Toc Toc Toc 15 est paru
jeudi 25 octobre
Toc Toc Toc 15 est paru, son thème est le rire. Le sommaire est en ligne.
Toc Toc Toc 15 en cours...
mercredi 10 octobre
Le numéro 15 de la revue Toc Toc Toc va paraitre, son thème Le Rire, un thème difficile mais au combien passionnant. Sortie prévue le 15 Octobre.
Textes comptemporains
Ekat
jeudi 18 janvier 2007

Je me suis rapprochée aujourd’hui de la fenêtre, le soleil est fort ; je vois sur ma feuille des nuées, vapeurs chaudes se déplacer. Il y a de la répétition générale dans l’air. Ma cour, mon étrange fosse d’orchestre...

J’entends rassurant le doux bruit de la climatisation qui ronronne et tourbillonne. C’est vrai qu’il était grippé ces derniers jours ou plutôt en colère : il s’essayait à de nouvelles vocalises , très osées, surtout la nuit. On l’a calmé comme on calme l’esprit créatif et rebelle.
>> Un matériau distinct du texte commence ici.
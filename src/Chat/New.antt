-- ===== src/Chat/New.antt =====
-- `NewChatCell`: the handlers, the Agreement template and the options of a new chat.
use go_cell_protocol.Prelude.{
  ℕ, String, List, [], ◌∷◌, Option, none, some, str_eq, ◌==◌, if◌then◌else◌, ◌⧺◌,
}
use go_cell_protocol.Identity.{Identity, sign}
use go_cell_protocol.Agreement.Condition.{AgreementTemplate, add_grant}
use go_cell_protocol.Cell.{GeneralCell, new_general_cell}
use go_cell_protocol.Cell.Storage.{add_get_handler, add_set_handler}
use go_cell_protocol.Interop.Chat.Build.{SignFunc}
use go_cell_protocol.Chat.{ChatCell, ChatEnv}
use go_cell_protocol.Chat.People.{person_from_identity}
use go_cell_protocol.Chat.Dispatch.{reads, admits, writes, sets_conditions}

-- `chatReadKeys` and `chatWriteKeys`.
abbrev chat_read_keys : List String
chat_read_keys =
    "status" ∷ "state" ∷ "messages" ∷ "participants" ∷ "members" ∷ "audience" ∷ "audience.mode"
    ∷ "audience.inheritedRecipients" ∷ "audience.invitedRecipients" ∷ "audience.resolvedRecipients"
    ∷ "audience.invitations" ∷ "audience.invitationArtifacts" ∷ "compose.body"
    ∷ "compose.contentType" ∷ "compose.state" ∷ "compose.availableFormats" ∷ "crypto"
    ∷ "crypto.state" ∷ []

abbrev chat_write_keys : List String
chat_write_keys =
    "audience.mode" ∷ "audience.inviteIdentities" ∷ "audience.generateInvitationArtifacts"
    ∷ "audience.generateInvitationAcceptance" ∷ "audience.acceptInvitationArtifact"
    ∷ "audience.inspectInvitationArtifact" ∷ "audience.acceptInvites" ∷ "audience.declineInvites"
    ∷ "audience.revokeInvites" ∷ "audience.clearInvites" ∷ "compose.body" ∷ "compose.contentType"
    ∷ "sendMessage" ∷ "addMessage" ∷ "sendComposedMessage" ∷ "clearComposer" ∷ []

-- `chatTemplateGrants`.
abbrev chat_template_grants : List (String × String)
chat_template_grants =
    ("r---", "feed")
    ∷ ("rw--", "chat")
    ∷ ("rw--", "status")
    ∷ ("rw--", "state")
    ∷ ("rw--", "messages")
    ∷ ("rw--", "participants")
    ∷ ("rw--", "members")
    ∷ ("rw--", "audience")
    ∷ ("rw--", "audience.mode")
    ∷ ("r---", "audience.inheritedRecipients")
    ∷ ("r---", "audience.invitedRecipients")
    ∷ ("r---", "audience.resolvedRecipients")
    ∷ ("r---", "audience.invitations")
    ∷ ("r---", "audience.invitationLedger")
    ∷ ("r---", "audience.invitationArtifacts")
    ∷ ("-w--", "audience.inspectInvitationArtifact")
    ∷ ("rw--", "audience.inviteIdentities")
    ∷ ("rw--", "audience.generateInvitationArtifacts")
    ∷ ("rw--", "audience.generateInvitationAcceptance")
    ∷ ("rw--", "audience.acceptInvitationArtifact")
    ∷ ("rw--", "audience.acceptInvites")
    ∷ ("rw--", "audience.declineInvites")
    ∷ ("rw--", "audience.revokeInvites")
    ∷ ("rw--", "audience.removeContextMembers")
    ∷ ("rw--", "audience.clearInvites")
    ∷ ("rw--", "compose")
    ∷ ("rw--", "compose.body")
    ∷ ("rw--", "compose.contentType")
    ∷ ("rw--", "compose.state")
    ∷ ("rw--", "compose.previewRows")
    ∷ ("r---", "crypto")
    ∷ ("r---", "crypto.state")
    ∷ ("r---", "crypto.policy")
    ∷ ("r---", "crypto.supportedSuites")
    ∷ ("r---", "crypto.recipients")
    ∷ ("r---", "crypto.membership")
    ∷ ("r---", "crypto.rekeyStatus")
    ∷ ("r---", "crypto.persistencePolicy")
    ∷ ("r---", "crypto.persistenceMode")
    ∷ ("r---", "crypto.encryptedMessages")
    ∷ ("r---", "crypto.draftEnvelope")
    ∷ ("rw--", "crypto.persistenceMode")
    ∷ ("rw--", "crypto.requestRekey")
    ∷ ("rw--", "crypto.prepareDraftEnvelope")
    ∷ ("rw--", "crypto.openEnvelope")
    ∷ ("rw--", "crypto.clearDraftEnvelope")
    ∷ ("rw--", "crypto.clearEncryptedMessages")
    ∷ ("rw--", "sendMessage")
    ∷ ("rw--", "sendComposedMessage")
    ∷ ("rw--", "clearComposer")
    ∷ ("rw--", "addMessage")
    ∷ ("rw--", "start")
    ∷ ("rw--", "stop")
    ∷ []

-- The loops of `NewChatCell`.
unfoldable pub grant_all :
    (String → String) → List (String × String) → AgreementTemplate → AgreementTemplate
grant_all uuids [] t = t
grant_all uuids ((permission, keypath) ∷ l) t =
    grant_all uuids l (add_grant t (uuids ("grant " ⧺ keypath)) permission keypath)

unfoldable pub handle_gets : ℕ → List String → GeneralCell → GeneralCell
handle_gets h [] c = c
handle_gets h (key ∷ l) c = handle_gets h l (add_get_handler c key h)

unfoldable pub handle_sets : ℕ → List String → GeneralCell → GeneralCell
handle_sets h [] c = c
handle_sets h (key ∷ l) c = handle_sets h l (add_set_handler c key h)

-- The cell of a new chat, which `SetConditionTarget` has read its conditions from the chat.
unfoldable pub chat_general_cell : ChatEnv → Option Identity → GeneralCell
unfolding grant_all handle_gets handle_sets add_grant add_get_handler add_set_handler
    new_general_cell
chat_general_cell e owner =
    let c = new_general_cell e.env owner "Chat" in
    let granted : GeneralCell = record c {
      agreement_template = grant_all e.uuids chat_template_grants c.agreement_template;
    } in
    handle_sets sets_conditions ("audience.admissionConditions" ∷ []) (
      handle_sets writes chat_write_keys (
        handle_gets admits
          ("audience.admission.invitationAccepted" ∷ "audience.admission.member"
            ∷ "audience.admissionConditions" ∷ [])
          (handle_gets reads chat_read_keys granted)))

-- `ChatCellOptions`, without what stands for the outside.
pub record ChatCellOptions : Type 0 where
  pub sign : Option SignFunc
  pub topic : String
  pub messages_limit : ℕ

abbrev default_sign : Option SignFunc → Option Identity → Option SignFunc
default_sign (some s) owner = some s
default_sign none none = none
default_sign none (some i) = some (sign i)

-- `NewChatCell`.
unfoldable pub new_chat_cell : ChatEnv → Option Identity → ChatCellOptions → ChatCell
unfolding chat_general_cell person_from_identity
new_chat_cell e owner options = record {
  cell = chat_general_cell e owner;
  sign = default_sign options.sign owner;
  topic = if str_eq options.topic "" then "chat" else options.topic;
  messages_limit = if options.messages_limit == 0 then 200 else options.messages_limit;
  owner_person = elim owner [ none ↦ none | some i ↦ some (person_from_identity e i) ];
  audience_mode = "hybrid";
  messages = [];
  participants = [];
  invitations = [];
  consumed = [];
  drafts = [];
}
Une houlette invisible a eu raison de son escapade sonore.

Tant pis pour mon concerto.

Hier, au troisième, trois japonais en sous vêtements blancs jouaient avec des pions. A quel jeu ? Un des nombreux tableaux furtifs dispensés par le mur des voyageurs...

Les deux pigeons qui vivent au cinquième coincés entre le gros tuyau et le caisson métallique de la climatisation sont aujourd’hui en plein bécotage sur la fenêtre aveugle de la cage d’escalier latérale. (Oui, je sais, cela s’appelle de l’espionnage !) Un brin de sérénade. Et hop derrière le gros tuyau, choses plus sérieuses, bruissement d’ailes énergiques !

impossible de dire si les bruits qu’elle me renvoie s’échappent de ses mille et un pores ou si venus du dehors elle les digère . les feutre , les brasse pour une symphonie composite qu’elle seule, par ses propres limites pouvait créer.

La Verticale des employés constitue la trame vivante et régulière ponctuée par les pauses riches de fous rire et de bavardages.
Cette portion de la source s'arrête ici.